*** MATERIAL FOR THE TASK Section Begins ***

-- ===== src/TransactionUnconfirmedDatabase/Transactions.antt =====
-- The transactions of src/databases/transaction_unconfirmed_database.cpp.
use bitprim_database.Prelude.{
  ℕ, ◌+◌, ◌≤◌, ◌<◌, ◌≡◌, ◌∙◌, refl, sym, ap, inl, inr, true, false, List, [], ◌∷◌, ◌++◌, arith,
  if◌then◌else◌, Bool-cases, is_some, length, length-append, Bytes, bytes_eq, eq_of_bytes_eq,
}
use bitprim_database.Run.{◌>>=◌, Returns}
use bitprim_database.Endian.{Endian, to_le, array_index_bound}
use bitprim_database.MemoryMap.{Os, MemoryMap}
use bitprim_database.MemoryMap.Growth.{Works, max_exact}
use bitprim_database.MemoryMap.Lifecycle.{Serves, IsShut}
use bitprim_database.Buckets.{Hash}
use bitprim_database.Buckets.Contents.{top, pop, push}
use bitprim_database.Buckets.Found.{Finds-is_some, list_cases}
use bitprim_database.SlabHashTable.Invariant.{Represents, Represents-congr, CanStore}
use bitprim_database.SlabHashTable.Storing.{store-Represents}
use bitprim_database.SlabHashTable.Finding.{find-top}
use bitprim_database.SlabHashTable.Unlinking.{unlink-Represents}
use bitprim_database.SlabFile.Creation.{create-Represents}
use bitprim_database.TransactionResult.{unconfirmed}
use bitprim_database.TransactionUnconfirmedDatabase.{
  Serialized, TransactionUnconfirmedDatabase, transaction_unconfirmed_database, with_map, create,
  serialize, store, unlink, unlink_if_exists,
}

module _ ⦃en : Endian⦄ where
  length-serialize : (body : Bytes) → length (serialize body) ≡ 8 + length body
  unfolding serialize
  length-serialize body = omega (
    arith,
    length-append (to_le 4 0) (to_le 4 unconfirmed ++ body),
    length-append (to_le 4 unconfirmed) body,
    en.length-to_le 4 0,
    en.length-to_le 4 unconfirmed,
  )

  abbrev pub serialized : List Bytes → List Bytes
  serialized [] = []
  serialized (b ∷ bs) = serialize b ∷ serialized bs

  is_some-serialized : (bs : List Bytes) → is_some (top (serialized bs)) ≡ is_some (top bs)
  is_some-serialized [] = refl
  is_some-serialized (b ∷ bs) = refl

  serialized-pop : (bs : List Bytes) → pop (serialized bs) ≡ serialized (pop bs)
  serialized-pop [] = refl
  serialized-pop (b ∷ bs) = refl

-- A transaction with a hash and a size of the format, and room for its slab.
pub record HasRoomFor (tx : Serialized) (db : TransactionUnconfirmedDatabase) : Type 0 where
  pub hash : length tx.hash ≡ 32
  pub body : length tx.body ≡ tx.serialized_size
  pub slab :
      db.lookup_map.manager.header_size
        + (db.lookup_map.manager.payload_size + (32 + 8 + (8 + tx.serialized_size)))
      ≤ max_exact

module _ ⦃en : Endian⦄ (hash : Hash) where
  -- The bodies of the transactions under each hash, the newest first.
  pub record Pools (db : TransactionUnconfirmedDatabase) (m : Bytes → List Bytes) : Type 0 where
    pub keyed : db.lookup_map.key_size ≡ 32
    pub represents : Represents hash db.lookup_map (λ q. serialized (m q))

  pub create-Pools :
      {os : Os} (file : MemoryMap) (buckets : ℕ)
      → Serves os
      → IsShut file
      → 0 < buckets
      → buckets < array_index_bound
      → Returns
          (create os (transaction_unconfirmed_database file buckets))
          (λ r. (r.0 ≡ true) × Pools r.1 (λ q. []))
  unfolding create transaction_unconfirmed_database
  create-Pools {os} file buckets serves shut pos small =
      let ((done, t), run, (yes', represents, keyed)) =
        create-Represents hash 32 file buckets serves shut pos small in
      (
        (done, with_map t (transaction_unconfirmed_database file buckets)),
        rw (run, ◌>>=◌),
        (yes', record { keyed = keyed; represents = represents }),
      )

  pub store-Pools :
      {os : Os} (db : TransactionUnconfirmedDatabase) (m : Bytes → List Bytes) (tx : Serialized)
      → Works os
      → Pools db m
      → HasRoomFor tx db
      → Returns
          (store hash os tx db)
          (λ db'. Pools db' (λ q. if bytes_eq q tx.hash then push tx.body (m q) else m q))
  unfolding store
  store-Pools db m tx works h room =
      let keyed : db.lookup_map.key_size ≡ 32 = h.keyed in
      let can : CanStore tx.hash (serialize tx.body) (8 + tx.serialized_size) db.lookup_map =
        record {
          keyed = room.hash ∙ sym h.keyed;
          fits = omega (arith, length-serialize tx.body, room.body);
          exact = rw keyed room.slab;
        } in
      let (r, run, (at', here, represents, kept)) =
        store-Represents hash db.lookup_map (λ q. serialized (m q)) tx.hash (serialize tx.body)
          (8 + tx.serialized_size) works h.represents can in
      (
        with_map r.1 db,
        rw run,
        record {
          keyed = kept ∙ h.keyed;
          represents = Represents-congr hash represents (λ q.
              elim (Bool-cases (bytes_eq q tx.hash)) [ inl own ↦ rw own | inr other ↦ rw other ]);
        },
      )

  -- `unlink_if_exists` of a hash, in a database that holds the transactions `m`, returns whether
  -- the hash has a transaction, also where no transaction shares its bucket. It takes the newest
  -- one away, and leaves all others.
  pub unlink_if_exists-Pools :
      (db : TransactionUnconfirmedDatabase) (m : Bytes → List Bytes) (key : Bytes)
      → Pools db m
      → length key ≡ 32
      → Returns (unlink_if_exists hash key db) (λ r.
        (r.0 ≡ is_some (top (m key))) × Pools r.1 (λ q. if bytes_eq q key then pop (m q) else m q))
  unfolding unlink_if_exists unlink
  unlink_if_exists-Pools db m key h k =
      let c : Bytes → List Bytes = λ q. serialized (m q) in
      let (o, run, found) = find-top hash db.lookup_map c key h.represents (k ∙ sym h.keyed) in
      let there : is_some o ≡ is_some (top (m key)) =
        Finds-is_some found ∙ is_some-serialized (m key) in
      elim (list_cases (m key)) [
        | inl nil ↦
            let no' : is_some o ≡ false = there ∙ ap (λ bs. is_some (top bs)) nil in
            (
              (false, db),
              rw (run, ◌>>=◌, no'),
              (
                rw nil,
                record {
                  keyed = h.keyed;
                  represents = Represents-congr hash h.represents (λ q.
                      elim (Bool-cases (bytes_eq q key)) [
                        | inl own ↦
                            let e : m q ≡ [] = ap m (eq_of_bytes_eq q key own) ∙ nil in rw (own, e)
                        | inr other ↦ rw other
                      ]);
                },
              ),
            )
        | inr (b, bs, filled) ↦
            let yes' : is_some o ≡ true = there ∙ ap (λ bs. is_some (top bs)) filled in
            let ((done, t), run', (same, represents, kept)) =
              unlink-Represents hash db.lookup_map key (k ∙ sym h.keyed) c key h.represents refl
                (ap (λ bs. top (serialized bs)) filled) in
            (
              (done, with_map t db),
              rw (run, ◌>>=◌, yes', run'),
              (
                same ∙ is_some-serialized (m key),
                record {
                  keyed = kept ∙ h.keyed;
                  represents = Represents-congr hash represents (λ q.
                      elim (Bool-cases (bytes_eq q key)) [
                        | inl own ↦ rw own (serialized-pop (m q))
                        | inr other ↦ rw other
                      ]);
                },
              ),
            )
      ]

*** MATERIAL FOR THE TASK Section Ends ***

## EXERCISE AIM
Please transcribe the listing in its entirety, exactly.

## SOLUTION BELOW
-- ===== src/TransactionUnconfirmedDatabase/Transactions.antt =====
-- The transactions of src/databases/transaction_unconfirmed_database.cpp.
use bitprim_database.Prelude.{
  ℕ, ◌+◌, ◌≤◌, ◌<◌, ◌≡◌, ◌∙◌, refl, sym, ap, inl, inr, true, false, List, [], ◌∷◌, ◌++◌, arith,
  if◌then◌else◌, Bool-cases, is_some, length, length-append, Bytes, bytes_eq, eq_of_bytes_eq,
}
use bitprim_database.Run.{◌>>=◌, Returns}
use bitprim_database.Endian.{Endian, to_le, array_index_bound}
use bitprim_database.MemoryMap.{Os, MemoryMap}
use bitprim_database.MemoryMap.Growth.{Works, max_exact}
use bitprim_database.MemoryMap.Lifecycle.{Serves, IsShut}
use bitprim_database.Buckets.{Hash}
use bitprim_database.Buckets.Contents.{top, pop, push}
use bitprim_database.Buckets.Found.{Finds-is_some, list_cases}
use bitprim_database.SlabHashTable.Invariant.{Represents, Represents-congr, CanStore}
use bitprim_database.SlabHashTable.Storing.{store-Represents}
use bitprim_database.SlabHashTable.Finding.{find-top}
use bitprim_database.SlabHashTable.Unlinking.{unlink-Represents}
use bitprim_database.SlabFile.Creation.{create-Represents}
use bitprim_database.TransactionResult.{unconfirmed}
use bitprim_database.TransactionUnconfirmedDatabase.{
  Serialized, TransactionUnconfirmedDatabase, transaction_unconfirmed_database, with_map, create,
  serialize, store, unlink, unlink_if_exists,
}

module _ ⦃en : Endian⦄ where
  length-serialize : (body : Bytes) → length (serialize body) ≡ 8 + length body
  unfolding serialize
  length-serialize body = omega (
    arith,
    length-append (to_le 4 0) (to_le 4 unconfirmed ++ body),
    length-append (to_le 4 unconfirmed) body,
    en.length-to_le 4 0,
    en.length-to_le 4 unconfirmed,
  )

  abbrev pub serialized : List Bytes → List Bytes
  serialized [] = []
  serialized (b ∷ bs) = serialize b ∷ serialized bs

  is_some-serialized : (bs : List Bytes) → is_some (top (serialized bs)) ≡ is_some (top bs)
  is_some-serialized [] = refl
  is_some-serialized (b ∷ bs) = refl

  serialized-pop : (bs : List Bytes) → pop (serialized bs) ≡ serialized (pop bs)
  serialized-pop [] = refl
  serialized-pop (b ∷ bs) = refl

-- A transaction with a hash and a size of the format, and room for its slab.
pub record HasRoomFor (tx : Serialized) (db : TransactionUnconfirmedDatabase) : Type 0 where
  pub hash : length tx.hash ≡ 32
  pub body : length tx.body ≡ tx.serialized_size
  pub slab :
      db.lookup_map.manager.header_size
        + (db.lookup_map.manager.payload_size + (32 + 8 + (8 + tx.serialized_size)))
      ≤ max_exact

module _ ⦃en : Endian⦄ (hash : Hash) where
  -- The bodies of the transactions under each hash, the newest first.
  pub record Pools (db : TransactionUnconfirmedDatabase) (m : Bytes → List Bytes) : Type 0 where
    pub keyed : db.lookup_map.key_size ≡ 32
    pub represents : Represents hash db.lookup_map (λ q. serialized (m q))

  pub create-Pools :
      {os : Os} (file : MemoryMap) (buckets : ℕ)
      → Serves os
      → IsShut file
      → 0 < buckets
      → buckets < array_index_bound
      → Returns
          (create os (transaction_unconfirmed_database file buckets))
          (λ r. (r.0 ≡ true) × Pools r.1 (λ q. []))
  unfolding create transaction_unconfirmed_database
  create-Pools {os} file buckets serves shut pos small =
      let ((done, t), run, (yes', represents, keyed)) =
        create-Represents hash 32 file buckets serves shut pos small in
      (
        (done, with_map t (transaction_unconfirmed_database file buckets)),
        rw (run, ◌>>=◌),
        (yes', record { keyed = keyed; represents = represents }),
      )

  pub store-Pools :
      {os : Os} (db : TransactionUnconfirmedDatabase) (m : Bytes → List Bytes) (tx : Serialized)
      → Works os
      → Pools db m
      → HasRoomFor tx db
      → Returns
          (store hash os tx db)
          (λ db'. Pools db' (λ q. if bytes_eq q tx.hash then push tx.body (m q) else m q))
  unfolding store
  store-Pools db m tx works h room =
      let keyed : db.lookup_map.key_size ≡ 32 = h.keyed in
      let can : CanStore tx.hash (serialize tx.body) (8 + tx.serialized_size) db.lookup_map =
        record {
          keyed = room.hash ∙ sym h.keyed;
          fits = omega (arith, length-serialize tx.body, room.body);
          exact = rw keyed room.slab;
        } in
      let (r, run, (at', here, represents, kept)) =
        store-Represents hash db.lookup_map (λ q. serialized (m q)) tx.hash (serialize tx.body)
          (8 + tx.serialized_size) works h.represents can in
      (
        with_map r.1 db,
        rw run,
        record {
          keyed = kept ∙ h.keyed;
          represents = Represents-congr hash represents (λ q.
              elim (Bool-cases (bytes_eq q tx.hash)) [ inl own ↦ rw own | inr other ↦ rw other ]);
        },
      )

  -- `unlink_if_exists` of a hash, in a database that holds the transactions `m`, returns whether
  -- the hash has a transaction, also where no transaction shares its bucket. It takes the newest
  -- one away, and leaves all others.
  pub unlink_if_exists-Pools :
      (db : TransactionUnconfirmedDatabase) (m : Bytes → List Bytes) (key : Bytes)
      → Pools db m
      → length key ≡ 32
      → Returns (unlink_if_exists hash key db) (λ r.
        (r.0 ≡ is_some (top (m key))) × Pools r.1 (λ q. if bytes_eq q key then pop (m q) else m q))
  unfolding unlink_if_exists unlink
  unlink_if_exists-Pools db m key h k =
      let c : Bytes → List Bytes = λ q. serialized (m q) in
      let (o, run, found) = find-top hash db.lookup_map c key h.represents (k ∙ sym h.keyed) in
      let there : is_some o ≡ is_some (top (m key)) =
        Finds-is_some found ∙ is_some-serialized (m key) in
      elim (list_cases (m key)) [
        | inl nil ↦
            let no' : is_some o ≡ false = there ∙ ap (λ bs. is_some (top bs)) nil in
            (
              (false, db),
              rw (run, ◌>>=◌, no'),
              (
                rw nil,
                record {
                  keyed = h.keyed;
                  represents = Represents-congr hash h.represents (λ q.
                      elim (Bool-cases (bytes_eq q key)) [
                        | inl own ↦
                            let e : m q ≡ [] = ap m (eq_of_bytes_eq q key own) ∙ nil in rw (own, e)
                        | inr other ↦ rw other
                      ]);
                },
              ),
            )
        | inr (b, bs, filled) ↦
            let yes' : is_some o ≡ true = there ∙ ap (λ bs. is_some (top bs)) filled in
            let ((done, t), run', (same, represents, kept)) =
              unlink-Represents hash db.lookup_map key (k ∙ sym h.keyed) c key h.represents refl
                (ap (λ bs. top (serialized bs)) filled) in
            (
              (done, with_map t db),
              rw (run, ◌>>=◌, yes', run'),
              (
                same ∙ is_some-serialized (m key),
                record {
                  keyed = kept ∙ h.keyed;
                  represents = Represents-congr hash represents (λ q.
                      elim (Bool-cases (bytes_eq q key)) [
                        | inl own ↦ rw own (serialized-pop (m q))
                        | inr other ↦ rw other
                      ]);
                },
              ),
            )
      ]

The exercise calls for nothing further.